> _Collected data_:
==========
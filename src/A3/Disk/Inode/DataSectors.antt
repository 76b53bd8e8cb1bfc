-- ===== src/A3/Disk/Inode/DataSectors.antt =====
-- The list of a file's sectors against the sector of each block.
use mcgill_ecse_427_operatin.Prelude.{
  ℕ, zero, suc, ◌+◌, ◌-◌, ◌≤◌, ◌<◌, ◌≡◌, inl, inr, sym, subst, ◌==◌, Bool-cases, ltb, ltb→lt,
  if◌then◌else◌, some, Array, arith,
}
use mcgill_ecse_427_operatin.Prelude.Int.{pos}
use mcgill_ecse_427_operatin.A3.Disk.Sectors.{
  Io, ◌>>=◌, pure, stop, Sectors, Runs, pure-Runs, read_then-Runs, >>=-Runs,
}
use mcgill_ecse_427_operatin.A3.Disk.Inode.{
  Bytes, block_word, index_to_sector, InodeDisk, min, div_round_up, bytes_to_sectors, copy_words,
  doubly_sectors, data_sectors, sectors_of_length, get_inode_data_sectors,
}
use mcgill_ecse_427_operatin.A3.Disk.Inode.Index.{max_blocks, HasIndex, index_to_sector-sector_at}
use mcgill_ecse_427_operatin.A3.Disk.Inode.Words.{
  doubly_words, single_words, all_words, all_words-at, copy_words-none, doubly_words-none,
  none_left,
}

module _ {S : Type 0} (io : Sectors S Bytes) (n : ℕ) (v : Array Bytes) (d : InodeDisk) where
  doubly_sectors-words :
      (m i left cur : ℕ) (out : Array ℕ)
      → ((j : ℕ) → i ≤ j → j < i + m → block_word (v d.doubly_indirect_block) j < n)
      → Runs io n
          (doubly_sectors io m i left cur (v d.doubly_indirect_block) out)
          v
          (doubly_words v m i left cur (v d.doubly_indirect_block) out)
          v
  unfolding doubly_sectors doubly_words
  doubly_sectors-words zero i left cur out on = pure-Runs io n out v
  doubly_sectors-words (suc m) i left cur out on =
      let b = v d.doubly_indirect_block in
      let subsize = min left 128 in
      read_then-Runs io n (block_word b i)
        (λ b'.
          doubly_sectors io m (i + 1) (left - subsize) (cur + subsize) b
            (copy_words subsize 0 cur (block_word b') out))
        v v (doubly_words v (suc m) i left cur b out) (on i (omega arith) (omega arith))
        (doubly_sectors-words m (i + 1) (left - subsize) (cur + subsize)
          (copy_words subsize 0 cur (block_word (v (block_word b i))) out)
          (λ j lo hi. on j (omega arith) (omega arith)))

  -- A loop that is not entered for no blocks.
  unless_none :
      (l : ℕ) (m : Io S (Array ℕ)) (none_there some_there : Array ℕ)
      → (0 < l → Runs io n m v some_there v)
      → (l ≡ 0 → some_there ≡ none_there)
      → Runs io n (if ltb 0 l then m else pure none_there) v some_there v
  unless_none l m none_there some_there some_case none_case = elim (Bool-cases (ltb 0 l)) [
    | inl more ↦ rw more (some_case (ltb→lt _ _ more))
    | inr empty ↦ rw (empty, none_case (ground arith)) (pure-Runs io n none_there v)
  ]

  data_sectors-all_words :
      (k : ℕ) (out : Array ℕ)
      → HasIndex n v d k
      → k ≤ max_blocks
      → Runs io n (data_sectors io d k out) v (all_words v d k out) v
  unfolding data_sectors all_words single_words
  data_sectors-all_words k out has max =
      let l = min k 123 in
      let l' = min (k - l) 128 in
      let l'' = min (k - l - l') 16384 in
      let direct = copy_words l 0 0 d.direct_blocks out in
      let single = single_words v d k out in
      let rounds = div_round_up l'' 128 in
      let b = v d.doubly_indirect_block in
      let all = all_words v d k out in
      >>=-Runs io n
        (if ltb 0 l'
          then (do b ← io.read d.indirect_block; pure (copy_words l' 0 l (block_word b) direct))
          else pure direct)
        (λ single. do
          all ←
              if ltb 0 l''
              then (do
                b ← io.read d.doubly_indirect_block
                doubly_sectors io rounds 0 l'' (l + l') b single)
              else pure single
          if k - l - l' - l'' == 0 then pure all else stop)
        v v v single all
        (unless_none l'
          (io.read d.indirect_block >>= λ b. pure (copy_words l' 0 l (block_word b) direct)) direct
          single
          (λ some_left.
            read_then-Runs io n d.indirect_block
              (λ b. pure (copy_words l' 0 l (block_word b) direct)) v v single
              (has.indirect (ground arith)) (pure-Runs io n single v))
          (λ e. copy_words-none l' 0 l (block_word (v d.indirect_block)) direct e))
        (>>=-Runs io n
          (if ltb 0 l''
            then (do
              b ← io.read d.doubly_indirect_block
              doubly_sectors io rounds 0 l'' (l + l') b single)
            else pure single)
          (λ all. if k - l - l' - l'' == 0 then pure all else stop) v v v all all
          (unless_none l''
            (io.read d.doubly_indirect_block >>= λ b.
              doubly_sectors io rounds 0 l'' (l + l') b single)
            single all
            (λ some_left.
              read_then-Runs io n d.doubly_indirect_block
                (λ b. doubly_sectors io rounds 0 l'' (l + l') b single) v v all
                (has.doubly (ground arith))
                (doubly_sectors-words rounds 0 l'' (l + l') single
                  (λ j lo hi. has.second j (ground arith))))
            (λ e. doubly_words-none v l'' (l + l') b single e))
          (rw (none_left k max) (pure-Runs io n all v)))

  -- For a file with a length that is not negative, whose blocks can be indexed and whose index is on
  -- the disk, `get_inode_data_sectors` gives an array that has at each block of the file the sector
  -- that `index_to_sector` gives for it; both leave every sector of the disk as it was.
  pub get_inode_data_sectors-index_to_sector :
      (len : ℕ) (out : Array ℕ)
      → d.length ≡ pos len
      → HasIndex n v d (bytes_to_sectors len)
      → bytes_to_sectors len ≤ max_blocks
      → (c : S) → io.Stands c n v
      → (sectors : Array ℕ) × (c' : S) × (get_inode_data_sectors io d out c
          ≡ some (some sectors, c'))
        × io.Stands c' n v
        × ((i : ℕ)
            → i < bytes_to_sectors len
            → (c'' : S) × (index_to_sector io d i c' ≡ some (sectors i, c'')) × io.Stands c'' n v)
  unfolding get_inode_data_sectors
  get_inode_data_sectors-index_to_sector len out e has max c st =
      let k = bytes_to_sectors len in
      let sectors = all_words v d k out in
      let (c', done, st') =
        subst (λ l. Runs io n (sectors_of_length io d l out) v (some sectors) v) (sym e)
          (>>=-Runs io n (data_sectors io d k out) (λ sectors. pure (some sectors)) v v v sectors
            (some sectors) (data_sectors-all_words k out has max) (pure-Runs io n (some sectors) v))
          c st in
      (
        sectors,
        c',
        done,
        st',
        λ i h.
            rw (all_words-at v d k out i h max)
              (index_to_sector-sector_at io n v d k i has h max c' st'),
      )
==========
Retype all the data, changing nothing.

filename src/A3/Disk/Inode/DataSectors.antt
repository 76b53bd8e8cb1bfc
-- ===== src/A3/Disk/Inode/DataSectors.antt =====
-- The list of a file's sectors against the sector of each block.
use mcgill_ecse_427_operatin.Prelude.{
  ℕ, zero, suc, ◌+◌, ◌-◌, ◌≤◌, ◌<◌, ◌≡◌, inl, inr, sym, subst, ◌==◌, Bool-cases, ltb, ltb→lt,
  if◌then◌else◌, some, Array, arith,
}
use mcgill_ecse_427_operatin.Prelude.Int.{pos}
use mcgill_ecse_427_operatin.A3.Disk.Sectors.{
  Io, ◌>>=◌, pure, stop, Sectors, Runs, pure-Runs, read_then-Runs, >>=-Runs,
}
use mcgill_ecse_427_operatin.A3.Disk.Inode.{
  Bytes, block_word, index_to_sector, InodeDisk, min, div_round_up, bytes_to_sectors, copy_words,
  doubly_sectors, data_sectors, sectors_of_length, get_inode_data_sectors,
}
use mcgill_ecse_427_operatin.A3.Disk.Inode.Index.{max_blocks, HasIndex, index_to_sector-sector_at}
use mcgill_ecse_427_operatin.A3.Disk.Inode.Words.{
  doubly_words, single_words, all_words, all_words-at, copy_words-none, doubly_words-none,
  none_left,
}

module _ {S : Type 0} (io : Sectors S Bytes) (n : ℕ) (v : Array Bytes) (d : InodeDisk) where
  doubly_sectors-words :
      (m i left cur : ℕ) (out : Array ℕ)
      → ((j : ℕ) → i ≤ j → j < i + m → block_word (v d.doubly_indirect_block) j < n)
      → Runs io n
          (doubly_sectors io m i left cur (v d.doubly_indirect_block) out)
          v
          (doubly_words v m i left cur (v d.doubly_indirect_block) out)
          v
  unfolding doubly_sectors doubly_words
  doubly_sectors-words zero i left cur out on = pure-Runs io n out v
  doubly_sectors-words (suc m) i left cur out on =
      let b = v d.doubly_indirect_block in
      let subsize = min left 128 in
      read_then-Runs io n (block_word b i)
        (λ b'.
          doubly_sectors io m (i + 1) (left - subsize) (cur + subsize) b
            (copy_words subsize 0 cur (block_word b') out))
        v v (doubly_words v (suc m) i left cur b out) (on i (omega arith) (omega arith))
        (doubly_sectors-words m (i + 1) (left - subsize) (cur + subsize)
          (copy_words subsize 0 cur (block_word (v (block_word b i))) out)
          (λ j lo hi. on j (omega arith) (omega arith)))

  -- A loop that is not entered for no blocks.
  unless_none :
      (l : ℕ) (m : Io S (Array ℕ)) (none_there some_there : Array ℕ)
      → (0 < l → Runs io n m v some_there v)
      → (l ≡ 0 → some_there ≡ none_there)
      → Runs io n (if ltb 0 l then m else pure none_there) v some_there v
  unless_none l m none_there some_there some_case none_case = elim (Bool-cases (ltb 0 l)) [
    | inl more ↦ rw more (some_case (ltb→lt _ _ more))
    | inr empty ↦ rw (empty, none_case (ground arith)) (pure-Runs io n none_there v)
  ]

  data_sectors-all_words :
      (k : ℕ) (out : Array ℕ)
      → HasIndex n v d k
      → k ≤ max_blocks
      → Runs io n (data_sectors io d k out) v (all_words v d k out) v
  unfolding data_sectors all_words single_words
  data_sectors-all_words k out has max =
      let l = min k 123 in
      let l' = min (k - l) 128 in
      let l'' = min (k - l - l') 16384 in
      let direct = copy_words l 0 0 d.direct_blocks out in
      let single = single_words v d k out in
      let rounds = div_round_up l'' 128 in
      let b = v d.doubly_indirect_block in
      let all = all_words v d k out in
      >>=-Runs io n
        (if ltb 0 l'
          then (do b ← io.read d.indirect_block; pure (copy_words l' 0 l (block_word b) direct))
          else pure direct)
        (λ single. do
          all ←
              if ltb 0 l''
              then (do
                b ← io.read d.doubly_indirect_block
                doubly_sectors io rounds 0 l'' (l + l') b single)
              else pure single
          if k - l - l' - l'' == 0 then pure all else stop)
        v v v single all
        (unless_none l'
          (io.read d.indirect_block >>= λ b. pure (copy_words l' 0 l (block_word b) direct)) direct
          single
          (λ some_left.
            read_then-Runs io n d.indirect_block
              (λ b. pure (copy_words l' 0 l (block_word b) direct)) v v single
              (has.indirect (ground arith)) (pure-Runs io n single v))
          (λ e. copy_words-none l' 0 l (block_word (v d.indirect_block)) direct e))
        (>>=-Runs io n
          (if ltb 0 l''
            then (do
              b ← io.read d.doubly_indirect_block
              doubly_sectors io rounds 0 l'' (l + l') b single)
            else pure single)
          (λ all. if k - l - l' - l'' == 0 then pure all else stop) v v v all all
          (unless_none l''
            (io.read d.doubly_indirect_block >>= λ b.
              doubly_sectors io rounds 0 l'' (l + l') b single)
            single all
            (λ some_left.
              read_then-Runs io n d.doubly_indirect_block
                (λ b. doubly_sectors io rounds 0 l'' (l + l') b single) v v all
                (has.doubly (ground arith))
                (doubly_sectors-words rounds 0 l'' (l + l') single
                  (λ j lo hi. has.second j (ground arith))))
            (λ e. doubly_words-none v l'' (l + l') b single e))
          (rw (none_left k max) (pure-Runs io n all v)))

  -- For a file with a length that is not negative, whose blocks can be indexed and whose index is on
  -- the disk, `get_inode_data_sectors` gives an array that has at each block of the file the sector
  -- that `index_to_sector` gives for it; both leave every sector of the disk as it was.
  pub get_inode_data_sectors-index_to_sector :
      (len : ℕ) (out : Array ℕ)
      → d.length ≡ pos len
      → HasIndex n v d (bytes_to_sectors len)
      → bytes_to_sectors len ≤ max_blocks
      → (c : S) → io.Stands c n v
      → (sectors : Array ℕ) × (c' : S) × (get_inode_data_sectors io d out c
          ≡ some (some sectors, c'))
        × io.Stands c' n v
        × ((i : ℕ)
            → i < bytes_to_sectors len
            → (c'' : S) × (index_to_sector io d i c' ≡ some (sectors i, c'')) × io.Stands c'' n v)
  unfolding get_inode_data_sectors
  get_inode_data_sectors-index_to_sector len out e has max c st =
      let k = bytes_to_sectors len in
      let sectors = all_words v d k out in
      let (c', done, st') =
        subst (λ l. Runs io n (sectors_of_length io d l out) v (some sectors) v) (sym e)
          (>>=-Runs io n (data_sectors io d k out) (λ sectors. pure (some sectors)) v v v sectors
            (some sectors) (data_sectors-all_words k out has max) (pure-Runs io n (some sectors) v))
          c st in
      (
        sectors,
        c',
        done,
        st',
        λ i h.
            rw (all_words-at v d k out i h max)
              (index_to_sector-sector_at io n v d k i has h max c' st'),
      )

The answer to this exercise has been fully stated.